I've always been able to keep the fridge in our motor home running well, but now I have this problem:

- everything works on AC power
- on gas, freezer is -10 C, but fridge won't go below 12 or 14C on hot day
- I've cleaned the flue, and the burner assembly nozzle (with solvent; blown out with air)
- the fridge roof vent is not blocked in any way
- nice blue flame; seems high enough

In the past, a clean-up of the burner area has always worked; not this time. 

Questions:

- Increase the propane pressure at the nozzle?
- recharge the ammonia?
- clean the flue baffle?

Thanks for any help!

Art
BC, Canada


----------



## snapper388 (Apr 28, 2015)

check for a black soot build up in the burner tube, and make sure the burner is still in place. also check the bottom of the tube for blockage wasp and dirt dobbers (mud bugs) love the smell of gas.


----------



## fastartcee (Jun 27, 2015)

snapper388 said:


> check for a black soot build up in the burner tube, and make sure the burner is still in place. also check the bottom of the tube for blockage wasp and dirt dobbers (mud bugs) love the smell of gas.


Thanks for the reply, Snapper.. all good suggestions.

My burner tube is clean as a whistle, and my nice blue flame is about dead center under the flue, which is drawing well. Good hard rapping on the flue produces only tiny particles.

I blew/vacuumed out the whole burner area thoroughly, and checked the cleanliness of the burner tube with a soft fuzzy pipe cleaner that I gently pushed all the way to its business end: not a trace of soot or rust.

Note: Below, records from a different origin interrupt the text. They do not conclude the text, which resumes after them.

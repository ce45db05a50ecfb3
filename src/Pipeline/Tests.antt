-- ===== src/Pipeline/Tests.antt =====
-- The parser behind a lexer that has pushed one word: with the mark, and stopped before it.
use becoming_an_elite_engine.Base.{
  text_order, ℕ, ◌≤◌, ◌≡◌, ◌≢◌, ◌⊎◌, inl, refl, true, false, some, none, List, [], ◌∷◌, ◌++◌,
  length, ◌==◌, if◌then◌else◌, arith, All, contains,
}
use becoming_an_elite_engine.Bst.{Tree, null, recurse_insertion, recurse_search}
use becoming_an_elite_engine.Bst.Laws.{value, IsOrdered}
use becoming_an_elite_engine.Lexer.Text.{Text}
use becoming_an_elite_engine.Lexer.Split.{IsWord}
use becoming_an_elite_engine.Lexer.Shutdown.{
  Shared, Step, start_state, testing, emitting, all_finished, queue_line, go_on, take_line, emit,
  next_round, stop, give_up, count_down, close, mark,
}
use becoming_an_elite_engine.Lexer.Sound.{IsStream}
use becoming_an_elite_engine.Lexer.Tests.{stop_set, last, last_reached, cat, cat-pill, tokens_cat}
use becoming_an_elite_engine.Parser.{fulfilled, failed, run}
use becoming_an_elite_engine.Parser.Stream.{rounds}
use becoming_an_elite_engine.Pipeline.{run-stream}
use becoming_an_elite_engine.Pipeline.Threads.{
  System, start_system, at_pop, ended, not_called, returned, Move, by_lexer, test_on, take_token,
  take_mark, clear_running, unblock, join, Runs, begin, and_then,
}
use becoming_an_elite_engine.Pipeline.Joint.{unblocked}
use becoming_an_elite_engine.Pipeline.Given.{given-Runs}
use becoming_an_elite_engine.Pipeline.Stop.{fulfilled-Runs}
use becoming_an_elite_engine.Pipeline.Drain.{drained-Runs}

-- "cat"
abbrev sought : Text
sought = 99 ∷ 97 ∷ 116 ∷ []

run-stream_example :
    (ws : List Text) × (t : Tree Text) × (last.pushed ≡ ws ++ ([] ∷ []))
    × All (IsWord stop_set) ws
    × (run (rounds last.pushed)
        ≡ some (if length ws == 0 then failed else fulfilled (length ws), t))
    × IsOrdered t
    × (value (recurse_search t sought) ≡ (if contains sought ws then some sought else none))
run-stream_example = run-stream stop_set last sought last_reached refl (omega arith)

-- The lexer has pushed "cat", and the parser has taken it and waits for more.
abbrev waiting_system : System
waiting_system = record start_system {
  lexer = record start_state { pushed = sought ∷ []; workers = emitting [] ∷ testing ∷ [] };
  given = sought ∷ [];
  place = at_pop;
  tree = recurse_insertion null sought;
  indexed = 1;
  taken = (true, sought) ∷ [];
}

go : {s s' : System} → Runs stop_set s → Move stop_set s s' → Runs stop_set s'
go {s} {s'} r move = and_then s s' r move

-- a step of the lexer that pushes nothing
quiet :
    {s : System} {l : Shared}
    → Runs stop_set s
    → Step stop_set s.lexer l
    → l.pushed ≡ s.lexer.pushed ++ []
    → Runs stop_set (record s { lexer = l; queue = s.queue ++ []; given = s.given ++ [] })
quiet {s} {l} r step same = and_then s _ r (by_lexer s l [] step same)

emitted-Runs : Runs stop_set (record start_system {
  lexer = record start_state { pushed = sought ∷ []; workers = emitting [] ∷ testing ∷ [] };
  queue = sought ∷ [];
  given = sought ∷ [];
})
emitted-Runs =
    go
      (quiet (quiet (quiet begin (queue_line start_state cat) refl) (go_on _ 0 refl refl) refl)
        (take_line _ 0 cat [] _ refl refl cat-pill tokens_cat) refl)
      (by_lexer _ _ (sought ∷ []) (emit _ 0 sought [] refl) refl)

waiting-Runs : Runs stop_set waiting_system
waiting-Runs =
    go (go (go emitted-Runs (test_on _ refl refl)) (take_token _ 99 (97 ∷ 116 ∷ []) [] refl refl))
      (test_on _ refl refl)

-- `OnStop` has returned, and the lexer is still at work.
abbrev stopped_system : System
stopped_system = record waiting_system {
  given = sought ∷ [] ∷ [];
  running = false;
  place = ended (fulfilled 1);
  taken = (true, sought) ∷ (true, []) ∷ [];
  stop_call = returned;
}

stopped-Runs : Runs stop_set stopped_system
stopped-Runs =
    go
      (go (go (go waiting-Runs (clear_running _ refl)) (unblock _ refl)) (take_mark _ [] refl refl))
      (join _ (fulfilled 1) refl refl)

given-Runs_example :
    ((n : ℕ) × IsStream stop_set stopped_system.lexer.pushed n
      × (n ≤ 1)
      × ((n ≡ 1) ⊎ (all_finished stopped_system.lexer.workers ≡ false)))
    × (((unblocked stopped_system.stop_call ≡ false)
          × (stopped_system.given ≡ stopped_system.lexer.pushed))
        ⊎ ((unblocked stopped_system.stop_call ≡ true)
            × (a : List Text) × (b : List Text) × (stopped_system.lexer.pushed ≡ a ++ b)
            × (stopped_system.given ≡ a ++ ([] ∷ b))))
given-Runs_example = given-Runs stop_set stopped_system stopped-Runs

fulfilled-Runs_example :
    (tokens : List Text) × All (λ token. token ≢ []) tokens
    × (◌≡◌ {A = ℕ} 1 (length tokens))
    × ((stopped_system.lexer.pushed ≡ tokens ++ ([] ∷ []))
        ⊎ ((unblocked stopped_system.stop_call ≡ true)
            × (more : List Text) × (stopped_system.lexer.pushed ≡ tokens ++ more)))
fulfilled-Runs_example = fulfilled-Runs stop_set stopped_system 1 stopped-Runs refl (omega arith)

-- The lexer is done, and the parser has not begun.
abbrev full_system : System
full_system = record start_system {
  lexer = last;
  queue = sought ∷ [] ∷ [];
  given = sought ∷ [] ∷ [];
}

full-Runs : Runs stop_set full_system
full-Runs =
    go
      (quiet
        (quiet
          (quiet
            (quiet
              (quiet (quiet (quiet emitted-Runs (next_round _ 0 refl) refl) (stop _) refl)
                (give_up _ 0 refl refl) refl)
              (count_down _ 0 refl) refl)
            (give_up _ 1 refl refl) refl)
          (count_down _ 1 refl) refl)
        (close _ 1 refl refl) refl)
      (by_lexer _ _ ([] ∷ []) (mark _ 1 refl) refl)

drained-Runs_example :
    (s' : System) × (ws : List Text) × Runs stop_set s'
    × (s'.lexer ≡ full_system.lexer)
    × (s'.stop_call ≡ not_called)
    × (full_system.lexer.pushed ≡ ws ++ ([] ∷ []))
    × All (IsWord stop_set) ws
    × (s'.place ≡ ended (if length ws == 0 then failed else fulfilled (length ws)))
drained-Runs_example =
    drained-Runs stop_set full_system full-Runs refl refl (inl refl) (omega arith)
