-- ===== src/Bus.antt =====
-- crates/common-msgbus: the bus between the services.
pub mod Messages
pub mod Tokio
pub mod Maps
pub mod Mock
pub mod Tests
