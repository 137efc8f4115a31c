-- ===== src/Prelude/Keys.antt =====
-- Types whose values can be compared, as the keys of a map are.
use Prim.Native.Nat.{ℕ}
use Prim.Native.String.{String}
use mathlib.Core.Path.{◌≡◌, refl}
use mathlib.Core.Logic.{◌↔◌}
use mathlib.Core.Bool.{Bool, true, false, ◌&&◌}
use mathlib.Core.List.{List, [], ◌∷◌}
use native.Mathlib.Omega.{arith}
use text.Mathlib.Text.{◌==◌ as str_eq}
use text.Mathlib.TextEquality.{eq_iff}
use lokan_os.Prelude.Tests.{◌==◌, ==_iff}
use lokan_os.Prelude.Text.{codes_eq, codes_eq-eq}

pub record Eq {ℓ} (K : Type ℓ) : Type ℓ where
  pub beq : K → K → Bool
  pub beq_iff : (k j : K) → (beq k j ≡ true) ↔ (k ≡ j)

pub codes_eq_refl : (s : List ℕ) → codes_eq s s ≡ true
codes_eq_refl [] = refl
codes_eq_refl (c ∷ s) = ground (arith, codes_eq_refl s)

pub codes_eq_iff : (s t : List ℕ) → (codes_eq s t ≡ true) ↔ (s ≡ t)
codes_eq_iff s t = (codes_eq-eq s t, λ e. rw (← e) (codes_eq_refl s))

instance abbrev pub nat_key : Eq ℕ
nat_key = record { beq = ◌==◌; beq_iff = ==_iff }

instance abbrev pub string_key : Eq String
string_key = record { beq = str_eq; beq_iff = eq_iff }

instance abbrev pub codes_key : Eq (List ℕ)
codes_key = record { beq = codes_eq; beq_iff = codes_eq_iff }

pub texts_eq : List (List ℕ) → List (List ℕ) → Bool
texts_eq [] [] = true
texts_eq (s ∷ ss) (t ∷ ts) = codes_eq s t && texts_eq ss ts
texts_eq _ _ = false

pub texts_eq_iff : (ss ts : List (List ℕ)) → (texts_eq ss ts ≡ true) ↔ (ss ≡ ts)
unfolding texts_eq
texts_eq_iff [] [] = ground arith
texts_eq_iff [] (t ∷ ts) = ground arith
texts_eq_iff (s ∷ ss) [] = ground arith
texts_eq_iff (s ∷ ss) (t ∷ ts) = ground (arith, codes_eq_iff s t, texts_eq_iff ss ts)

instance abbrev pub texts_key : Eq (List (List ℕ))
texts_key = record { beq = texts_eq; beq_iff = texts_eq_iff }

The screen at the roof vent is completely unobstructed.

I'm about stumped!

Art


----------



## snapper388 (Apr 28, 2015)

check the gas pressure regulator some of them have a small vent hole that will get stopped up limiting the gas pressure, if yours has the small hole just clean it out with a piece of wire. I use a torch tip cleaner.


----------